** Data follows **
-- ===== src/Reader/Lines/Read.antt =====
-- `read_line_from_entries` of src/reader.rs, against the lines of the original.
use mathlib.Core.Path.{subst}
use qzt.Base.{
  ℕ, zero, suc, ◌+◌, ◌-◌, ◌≤◌, ◌<◌, ◌≡◌, refl, ap, sym, ◌∙◌, arith, List, [], ◌∷◌, ◌++◌, ◌^◌, slice,
  length-take, length-drop,
}
use qzt.Base.{true, false, Bool-cases, inl, inr, if◌then◌else◌, Option, none, some, not}
use qzt.Base.{length, drop, drop-drop, get_elem?, All, All-drop, IsU64, leb, le→leb, lt→ltb}
use qzt.Base.{leb→le, leb-false, bytes_eq, bytes_eq→eq, usize_max}
use qzt.Error.{Result, ok, ok_or, reject_if_inv, ◌>>=◌, >>=-eq-ok, ok-injective}
use qzt.Error.{line_out_of_range, chunk_table_invalid}
use qzt.Primitives.{u64_to_usize}
use qzt.ChunkTable.{ChunkEntry, partition_by_end}
use qzt.ChunkTable.Tiling.{Tiles, Tiles-lines_le}
use qzt.ChunkTable.Locate.{line-Located}
use qzt.DenseLineIndex.{DenseLineIndex, DenseLineEntry, verify_chunk, line_start_offset}
use qzt.Skeleton.{SkeletonDetails}
use qzt.Reader.RangeLoop.{Decodes, chunk_bytes}
use qzt.Reader.Range.{drop-Tiles}
use qzt.Reader.Lines.{line_start_chunk_index, local_line_starts, local_index_of, local_start_of}
use qzt.Reader.Lines.{append_chunks, read_line_at, read_line_from_entries, line_end}
use qzt.Base.SplitLines.{split_lines, line_of, has_lf, line_tails, split_lines-tails}
use qzt.Base.{length-map}
use qzt.Reader.Lines.Starts.{get_elem?-map}
use qzt.Reader.Lines.Table.{AreLined, find_line, count_lines}
use qzt.Reader.Lines.Chunks.{append_until_lf_lem, append_chunks_lem, line_goes_on, line_ends}

get_elem?-beyond {ℓ} : {A : Type ℓ} (xs : List A) (i : ℕ) → length xs ≤ i → get_elem? xs i ≡ none
get_elem?-beyond [] i h = refl
get_elem?-beyond (x ∷ xs) zero h = absurd (omega arith)
get_elem?-beyond (x ∷ xs) (suc i) h = get_elem?-beyond xs i (omega arith)

-- The dense line index, where there is one, has the line starts of every chunk.
abbrev pub IsIndexed : List ℕ → List ChunkEntry → Option DenseLineIndex → Type 0
IsIndexed original es none = Unit {0}
IsIndexed original es (some dense) =
    (r : ℕ) (e : ChunkEntry)
    → get_elem? es r ≡ some e
    → verify_chunk dense r (chunk_bytes original e) e.flags ≡ ok tt

line_start_offset_lem :
    (dense : DenseLineIndex) (r j s flags : ℕ) (bytes : List ℕ)
    → verify_chunk dense r bytes flags ≡ ok tt
    → get_elem? (local_line_starts bytes flags) j ≡ some s
    → line_start_offset dense r j ≡ ok s
unfolding verify_chunk line_start_offset
line_start_offset_lem dense r j s flags bytes h at =
    let (entry, c₁, h₁) = >>=-eq-ok (ok_or (get_elem? dense.entries r) chunk_table_invalid) _ h in
    let same =
      equal entry.line_start_offsets (local_line_starts bytes flags)
        (reject_if_inv _ chunk_table_invalid h₁) in
    run (get_elem? dense.entries r) entry c₁ (ap (λ (xs : List ℕ). get_elem? xs j) same ∙ at)
  where
    equal : (xs ys : List ℕ) → not (bytes_eq xs ys) ≡ false → xs ≡ ys
    equal xs ys k = elim (Bool-cases (bytes_eq xs ys)) [
      | inl alike ↦ bytes_eq→eq xs ys alike
      | inr other ↦ cc (rw other at k)
    ]

    run :
        (found : Option DenseLineEntry) (entry : DenseLineEntry)
        → ok_or found chunk_table_invalid ≡ ok entry
        → get_elem? entry.line_start_offsets j ≡ some s
        → (ok_or found line_out_of_range >>= λ (e : DenseLineEntry).
            ok_or (get_elem? e.line_start_offsets j) line_out_of_range)
          ≡ ok s
    run none entry p q = cc
    run (some e) entry p q = let same : e ≡ entry = ok-injective p in rw (same, q) refl

local_start_of_lem :
    (original : List ℕ) (es : List ChunkEntry) (dense : Option DenseLineIndex) (r j s : ℕ)
    (e : ChunkEntry)
    → IsIndexed original es dense
    → get_elem? es r ≡ some e
    → get_elem? (local_line_starts (chunk_bytes original e) e.flags) j ≡ some s
    → IsU64 s
    → local_start_of dense r j (chunk_bytes original e) e ≡ ok s
unfolding local_start_of u64_to_usize
local_start_of_lem original es none r j s e indexed at local small = rw local refl
local_start_of_lem original es (some dense) r j s e indexed at local small =
    let start =
      line_start_offset_lem dense r j s e.flags (chunk_bytes original e) (indexed r e at) local in
    rw (start, le→leb s usize_max (omega arith)) refl

module _ (decode : ChunkEntry → Result (List ℕ)) where
  -- The chunk of the line and the line's start in it, read.
  run_line_at :
      (es fs : List ChunkEntry) (dense : Option DenseLineIndex) (k r j s : ℕ) (e : ChunkEntry)
      (bytes : List ℕ)
      → get_elem? es r ≡ some e
      → decode e ≡ ok bytes
      → local_index_of k e.first_line ≡ ok j
      → local_start_of dense r j bytes e ≡ ok s
      → s ≤ length bytes
      → drop (r + 1) es ≡ fs
      → read_line_at decode es dense k r ≡ (
          if has_lf (drop s bytes)
          then ok (line_of (drop s bytes))
          else append_chunks decode fs (line_of (drop s bytes)))
  unfolding read_line_at
  run_line_at es fs dense k r j s e bytes at decoded index start inside behind =
      rw (at, decoded, index, start, append_until_lf_lem bytes s [] inside, behind) refl

  local_index_of_lem : (k first : ℕ) → k < 2 ^ 64 → local_index_of k first ≡ ok (k - first)
  unfolding local_index_of
  local_index_of_lem k first h = rw (le→leb (k - first) usize_max (omega arith)) refl

  line_start_chunk_index_lem :
      (es : List ChunkEntry) (k r : ℕ) (e : ChunkEntry)
      → partition_by_end es k line_end ≡ ok r
      → get_elem? es r ≡ some e
      → line_end e ≡ ok (e.first_line + e.line_count)
      → e.first_line ≤ k
      → k < e.first_line + e.line_count
      → line_start_chunk_index es k ≡ ok r
  unfolding line_start_chunk_index
  line_start_chunk_index_lem es k r e run at ended low high =
      rw (run, at, ended, le→leb e.first_line k low, lt→ltb k (e.first_line + e.line_count) high)
        refl

module _ (original : List ℕ) (decode : ChunkEntry → Result (List ℕ)) (details : SkeletonDetails)
    (tiles : Tiles 0 0 0 details.chunk_entries (length original) details.summary.line_count)
    (wide : IsU64 (length original)) (decodes : All (Decodes original decode) details.chunk_entries)
    (lined : AreLined original true details.chunk_entries)
    (indexed : IsIndexed original details.chunk_entries details.dense_line_index) where
  abbrev entries : List ChunkEntry
  entries = details.chunk_entries

  abbrev line_count : ℕ
  line_count = details.summary.line_count

  number_of_lines : length (split_lines original) ≡ line_count
  number_of_lines =
      ap length (split_lines-tails original)
      ∙ (length-map line_of (line_tails true original)
          ∙ without_offset (length (line_tails true original)) line_count
              (count_lines original 0 0 0 line_count true entries tiles lined))
    where
      without_offset : (m n : ℕ) → 0 + m ≡ n → m ≡ n
      without_offset m n h = omega arith

  -- The chunks from the line on hold the line.
  read_line_at_lem :
      (k r : ℕ) (e : ChunkEntry)
      → get_elem? entries r ≡ some e
      → e.first_line ≤ k
      → k < e.first_line + e.line_count
      → k < line_count
      → ok_or (get_elem? (split_lines original) k) line_out_of_range
        ≡ read_line_at decode entries details.dense_line_index k r
  read_line_at_lem k r e at low high below =
      let (fs, tail, from) = drop-Tiles 0 0 0 (length original) line_count entries r e tiles at in
      let (_, _, _, _, _, _, _, behind) = from.tiles in
      let (decoded, later) =
        subst (All (Decodes original decode)) tail (All-drop _ r entries decodes) in
      let bytes = chunk_bytes original e in
      let rest = drop (e.logical_offset + e.uncompressed_size) original in
      let found = find_line original 0 0 0 line_count true entries r e k tiles lined at low high in
      let part = drop found.start bytes in
      let fewer = Tiles-lines_le 0 0 0 (length original) line_count entries tiles in
      let small = start_small found.start e.logical_offset e.uncompressed_size found.inside in
      let start =
        local_start_of_lem original entries details.dense_line_index r (k - e.first_line)
          found.start e indexed at found.local small in
      let index = local_index_of_lem decode k e.first_line (omega arith) in
      let next = sym (drop-drop r 1 entries) ∙ ap (λ (es : List ChunkEntry). drop 1 es) tail in
      let run =
        run_line_at decode entries fs details.dense_line_index k r (k - e.first_line) found.start e
          bytes at decoded index start found.inside next in
      let goes_on =
        append_chunks_lem original decode (from.index + 1) (e.logical_offset + e.uncompressed_size)
          (from.line + e.line_count) line_count fs (line_of part) behind later in
      let line : get_elem? (split_lines original) k ≡ some (line_of (part ++ rest)) =
        ap (λ (ls : List (List ℕ)). get_elem? ls k) (split_lines-tails original)
        ∙ get_elem?-map line_of (line_tails true original) k (part ++ rest)
            (rw (without_first k) at found.tail) in
      ap (λ z. ok_or z line_out_of_range) line ∙ (joined part rest _ goes_on ∙ sym run)
    where
      without_first : (n : ℕ) → n - 0 ≡ n
      without_first n = omega arith

      start_small : (s o u : ℕ) → s ≤ length (slice o (o + u) original) → IsU64 s
      start_small s o u h =
          omega (arith, wide, length-take (o + u - o) (drop o original), length-drop o original)

      joined :
          (xs ys : List ℕ) (more : Result (List ℕ))
          → more ≡ ok (line_of xs ++ line_of ys)
          → ok (line_of (xs ++ ys)) ≡ (if has_lf xs then ok (line_of xs) else more)
      joined xs ys more h = elim (Bool-cases (has_lf xs)) [
        | inl ends ↦ rw ends (ap ok (line_ends xs ys ends))
        | inr goes ↦ rw (goes, h) (ap ok (sym (line_goes_on xs ys [] goes)))
      ]

  -- For chunks that tile the original, a u64 number of bytes, and decode to their bytes of it, with the
  -- flags and the numbers of lines that these bytes give, and a dense line index, if any, that
  -- `verify_chunk` accepts for every chunk: `read_line_from_entries` returns at every number the line
  -- of the original with it, and LineOutOfRange where there is none.
  pub read_line_from_entries_lem :
      (k : ℕ)
      → read_line_from_entries decode details k
        ≡ ok_or (get_elem? (split_lines original) k) line_out_of_range
  unfolding read_line_from_entries
  read_line_from_entries_lem k = elim (Bool-cases (leb line_count k)) [
    | inl beyond ↦
        let past : length (split_lines original) ≤ k = past_end (leb→le line_count k beyond) in
        rw (beyond, get_elem?-beyond (split_lines original) k past) refl
    | inr within ↦
        let below = leb-false line_count k within in
        let fewer = Tiles-lines_le 0 0 0 (length original) line_count entries tiles in
        let found = line-Located (length original) line_count entries tiles (omega arith) k below in
        let index =
          line_start_chunk_index_lem decode entries k found.index found.entry found.run found.at
            found.ended found.low found.high in
        rw (within, index)
          (sym (read_line_at_lem k found.index found.entry found.at found.low found.high below))
  ]
    where
      past_end : line_count ≤ k → length (split_lines original) ≤ k
      past_end h = rw number_of_lines h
** End of Data **
## Required action
Search the entries for the string "equal" and copy each line where it occurs.

## Final answer
      equal entry.line_start_offsets (local_line_starts bytes flags)
    equal : (xs ys : List ℕ) → not (bytes_eq xs ys) ≡ false → xs ≡ ys
    equal xs ys k = elim (Bool-cases (bytes_eq xs ys)) [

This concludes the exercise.